Australia has quite a few, especially around Melbourne. And they are all the most expensive places to buy or rent. Made up for the fact you save a fortune not needing a car.
> Also there are barely any walkable neighborhoods in America
There aren't enough, a lot more walkable neighborhoods would be quite welcome.
But it's an oft-repeated exaggeration that they don't and can't exist. There are tons of walkable neighborhoods in the US. Every place I've lived in California (four) has been a very walkable. My current suburban location is extremely walkable to pretty much anything I could need (and it was built in the 1990s, so it's not some pre-car era relic).
On the contrary, these things are on a spectrum. In many places elections are not fair, but they are also not completely controlled either -- e.g. someone can bias the election results in their favor by 10 percentage points but still lose if something happened recently that caused their support to drop by 30 percentage points. That is the reality in many places (and that type of unfair biasing happens in bastions of democracy in the West too, e.g. gerrymandering). The peaceful transfer of power is much more crucial than the election being *perfectly* fair (because we hardly have perfectly fair elections -- "mostly" fair and "well representative" is what we can hope for most of the time).

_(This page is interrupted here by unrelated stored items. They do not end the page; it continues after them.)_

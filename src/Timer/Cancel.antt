-- ===== src/Timer/Cancel.antt =====
-- `event_cancel_timers` with handlers that set no timer.
use crawler.Base.{ℕ, zero, suc, ◌<◌, ◌≡◌, refl, true, false, Option, none, some, arith}
use crawler.Net.{Handler, EvId, World}
use crawler.Tree.{TimerTree, IsTimerTree}
use crawler.Timer.{event_del_timer, cancel_round, event_cancel_timers}
use crawler.Timer.Sync.{InSync, event_del_timer-InSync}
use crawler.Timer.Expire.{IsQuiet}

module _ (t : TimerTree) (law : IsTimerTree t) {EpollSet : Type 0}
    (run : Handler → EvId → World t.Tree EpollSet → World t.Tree EpollSet)
    (q : IsQuiet t law run) where
  -- The run returns, and no event has a timer.
  pub record Emptied (r : Option (World t.Tree EpollSet)) : Type 0 where
    pub world : World t.Tree EpollSet
    pub returns : r ≡ some world
    pub in_sync : InSync t law world
    pub none_set : (e : EvId) → (world.evs e).timer_set ≡ false

  event_del_timer-count :
      (e : EvId) (k : ℕ) (w : World t.Tree EpollSet)
      → t.find w.timers e ≡ some k
      → t.count (event_del_timer t e w).timers < t.count w.timers
  unfolding event_del_timer
  event_del_timer-count e k w f = law.count-delete w.timers e k f

  cancel_round-Emptied :
      (w : World t.Tree EpollSet) (loop : World t.Tree EpollSet → Option (World t.Tree EpollSet))
      (m : Option (EvId × ℕ))
      → t.min w.timers ≡ m
      → InSync t law w
      → ((w' : World t.Tree EpollSet)
          → InSync t law w'
          → t.count w'.timers < t.count w.timers
          → Emptied (loop w'))
      → Emptied (cancel_round t run w loop m)
  cancel_round-Emptied w loop none e s h = record {
    world = w;
    returns = refl;
    in_sync = s;
    none_set = λ d. let f = law.min-none w.timers d e in let s' = s d in ground arith;
  }
  cancel_round-Emptied w loop (some (d, k)) e s h =
      let f = law.min-find w.timers d k e in
      let set : (w.evs d).timer_set ≡ true = let s' = s d in ground arith in
      let g = (w.evs d).handler in
      h (run g d (event_del_timer t d w)) (q.keeps g d _ (event_del_timer-InSync t law d w s set))
        (omega (arith, q.count_le g d (event_del_timer t d w), event_del_timer-count d k w f))

  -- With fuel for every timer that is set, and one more, `event_cancel_timers` returns, and then no
  -- event has a timer, if the handlers set none.
  event_cancel_timers-Emptied :
      (fuel : ℕ) (w : World t.Tree EpollSet)
      → InSync t law w
      → t.count w.timers < fuel
      → Emptied (event_cancel_timers t run fuel w)
  unfolding event_cancel_timers
  event_cancel_timers-Emptied zero w s c = absurd (omega arith)
  event_cancel_timers-Emptied (suc fuel) w s c =
      cancel_round-Emptied w _ _ refl s
        (λ w' s' c'. event_cancel_timers-Emptied fuel w' s' (omega arith))
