-- ===== src/Temp/Moves.antt =====
-- The moves of temporary files and what they leave on the disk, nstl/nstl/temp_dir.cpp.
use nstl.Prelude.{
  suc, ◌≡◌, refl, sym, ap, ◌∙◌, ◌≢◌, ◌⊎◌, inl, inr, Bool, true, false, ◌&&◌, Option, none, some,
  arith, if◌then◌else◌, Bool-cases, ok,
}
use mathlib.Core.Path.{subst}
use nstl.Temp.{
  FileSystem, TempFile, empty_file, drop_file, reset_handle, valid_handle, move_file, swap_files,
  assign_file, make_file,
}
use nstl.Temp.Files.{FileLaws, exists-reset_handle, make_file_cases, make_file_others}

module _ (fs : FileSystem) where
  -- The path that an object removes at its end.
  abbrev pub owned_path : TempFile fs → Option fs.Name
  owned_path file = if valid_handle file.handler && file.owned then some file.target else none

  -- Whether the removal of a path by the destructor succeeds, on the disk behind the close.
  abbrev pub removes : TempFile fs → fs.Disk → fs.Name → Bool
  removes file disk p = (fs.remove (reset_handle fs file.handler disk) p).0

  -- The disk without the path that the object owns, where that is removed, and otherwise the same.
  abbrev pub Releases : TempFile fs → fs.Disk → fs.Disk → Type 0
  Releases file disk later =
      ((p : fs.Name)
        → owned_path file ≡ some p
        → ((removes file disk p ≡ true) × (fs.exists later p ≡ false))
          ⊎ ((removes file disk p ≡ false) × (fs.exists later p ≡ fs.exists disk p)))
      × ((p : fs.Name) → owned_path file ≢ some p → fs.exists later p ≡ fs.exists disk p)

module _ (fs : FileSystem) (laws : FileLaws fs) where
  remove_target :
      (file : TempFile fs) (disk : fs.Disk)
      → let closed = reset_handle fs file.handler disk in
        ((removes fs file disk file.target ≡ true)
          × (fs.exists (fs.remove closed file.target).1 file.target ≡ false))
        ⊎ ((removes fs file disk file.target ≡ false)
            × (fs.exists (fs.remove closed file.target).1 file.target ≡ fs.exists disk file.target))
  remove_target file disk =
      let closed = reset_handle fs file.handler disk in
      elim (Bool-cases (fs.remove closed file.target).0) [
        | inl done ↦ inl (done, laws.remove_done closed file.target done)
        | inr refused ↦ inr (
          refused,
          laws.remove_failed closed file.target refused
              ∙ exists-reset_handle fs laws file.handler disk file.target,
        )
      ]

  pub drop_file-Releases :
      (file : TempFile fs) (disk : fs.Disk) → Releases fs file disk (drop_file fs file disk)
  unfolding drop_file
  drop_file-Releases file disk = elim (Bool-cases (valid_handle file.handler)) [
    | inr v ↦ simp v (λ p e. cc, λ p e. refl)
    | inl v ↦ elim (Bool-cases file.owned) [
      | inr o ↦ simp (v, o) (λ p e. cc, λ p e. exists-reset_handle fs laws file.handler disk p)
      | inl o ↦
          let closed = reset_handle fs file.handler disk in
          simp (v, o)
            (
              λ p e.
                  let at_target : file.target ≡ p = cc in
                  subst
                    (λ q.
                      (((fs.remove closed q).0 ≡ true)
                        × (fs.exists (fs.remove closed file.target).1 q ≡ false))
                      ⊎ (((fs.remove closed q).0 ≡ false)
                          × (fs.exists (fs.remove closed file.target).1 q ≡ fs.exists disk q)))
                    at_target (remove_target file disk),
              λ p e.
                  laws.remove_others closed file.target p (λ at_target. e (ap some (sym at_target)))
                  ∙ exists-reset_handle fs laws file.handler disk p,
            )
    ]
  ]

  -- The end of a temporary file takes the path that it owns off the disk, if the removal succeeds, and
  -- no other path in any case. Move assignment from
  -- another object ends what the object owned before, gives it all that the other one held and
  -- leaves that empty; the move constructor takes over the same way. Assignment to itself does
  -- nothing.
  pub assign_file-Releases :
      (file other : TempFile fs) (disk : fs.Disk) (left : fs.Name)
      → Releases fs file disk (drop_file fs file disk)
        × (let (mine, rest, later) = assign_file fs false file other disk in
            (mine ≡ other) × (rest ≡ empty_file fs) × Releases fs file disk later)
        × (let (mine, rest) = move_file fs left other in
            (mine ≡ other) × (owned_path fs rest ≡ none) × (valid_handle rest.handler ≡ false))
        × (assign_file fs true file file disk ≡ (file, file, disk))
  unfolding assign_file swap_files move_file valid_handle
  assign_file-Releases file other disk left = (
    drop_file-Releases file disk,
    (refl, refl, drop_file-Releases file disk),
    (refl, refl, refl),
    refl,
  )

  drop_owned :
      (file : TempFile fs) (disk later : fs.Disk)
      → removes fs file later file.target ≡ true
      → valid_handle file.handler ≡ true
      → file.owned ≡ true
      → fs.exists disk file.target ≡ false
      → ((p : fs.Name) → p ≢ file.target → fs.exists later p ≡ fs.exists disk p)
      → (p : fs.Name) → fs.exists (drop_file fs file later) p ≡ fs.exists disk p
  drop_owned file disk later removed v o before others p =
      let (gone, kept) = drop_file-Releases file later in
      let owns : owned_path fs file ≡ some file.target = simp (v, o) refl in
      elim (laws.path-cases p file.target) [
        | inl e ↦ elim (gone p (owns ∙ ap some (sym e))) [
          | inl (done, absent) ↦ absent ∙ sym (ap (fs.exists disk) e ∙ before)
          | inr (refused, kept_it) ↦
              let again = sym (ap (removes fs file later) e) ∙ refused in absurd cc
        ]
        | inr ne ↦
            kept p (λ q. let at : some file.target ≡ some p = sym owns ∙ q in ne cc) ∙ others p ne
      ]

  -- A temporary file whose constructor returned, and which is destroyed while the disk holds the
  -- same files as behind the constructor, and whose path is then removed without an error, leaves the disk with the files that it had before.
  pub drop_file-make_file :
      (disk made later : fs.Disk) (parent name : fs.Name) (readable : Bool) (file : TempFile fs)
      → make_file fs disk parent name readable ≡ (ok file, made)
      → ((p : fs.Name) → fs.exists later p ≡ fs.exists made p)
      → removes fs file later file.target ≡ true
      → (p : fs.Name) → fs.exists (drop_file fs file later) p ≡ fs.exists disk p
  unfolding valid_handle
  drop_file-make_file disk made later parent name readable file did same removed p =
      let target = fs.join parent name in
      let returned = ap (λ m. m.0) did in
      let left = ap (λ m. m.1) did in
      elim (make_file_cases fs laws disk parent name readable) [
        | inl (answer, (thrown, kept)) ↦ cc
        | inr (inl (answer, (thrown, before, behind))) ↦ cc
        | inr (inr (fd, answer, (e, before, behind))) ↦
            let it : record {
              target = target;
              owned = true;
              readable = readable;
              handler = some (suc fd);
            }
                ≡ file =
              cc in
            subst
              (λ f.
                removes fs f later f.target ≡ true
                → fs.exists (drop_file fs f later) p ≡ fs.exists disk p)
              it
              (λ ok_removed.
                drop_owned
                  (record {
                    target = target;
                    owned = true;
                    readable = readable;
                    handler = some (suc fd);
                  })
                  disk later ok_removed (ground arith) refl before
                  (λ q ne.
                    same q
                    ∙ ap (λ d. fs.exists d q) (sym left)
                    ∙ make_file_others fs laws disk parent name q readable ne)
                  p)
              removed
      ]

To add on to krastonov's explaination, to help ensure peaceful transitions of power, lots of younger democracies like South Korea will give outgoing presidents a blanket pardon of any crimes.
That way, you don't have an incentive to pull a Netenyahu and Obran and constantly try to remain in power to maintain criminal immunity.
The elections themselves in Turkey are free and fair enough. It is the campaign part that isn't. Things happen but it's nowhere like Russia for example, the civil society is very active and the turnout fluctuates between 80% to 90%.
So the vote count will be correct eventually even though someone can try something. There are some suspicions about the integrity of races with very small margins but overall the results are the results which people voted for.
> can be attributed to more unhealthy diet and less walking, which is on the flip side due to US's economic success - affordance for more food and richer food, as well as affordance for car as transportation.
people in the US aren't driving because they can afford cars - they have to drive because they don't have any other viable options due to the way american cities are designed
There are walkable US cities, and one can move to NY, Chicago, Boston, Seattle or its outskirts. However, people choose to stay in the suburbs because they can afford it.
Yes. I live in the suburbs in the outskirts of a major city. I might consider more seriously the trade-offs of actually living in the city if I could justify the cost of living increase.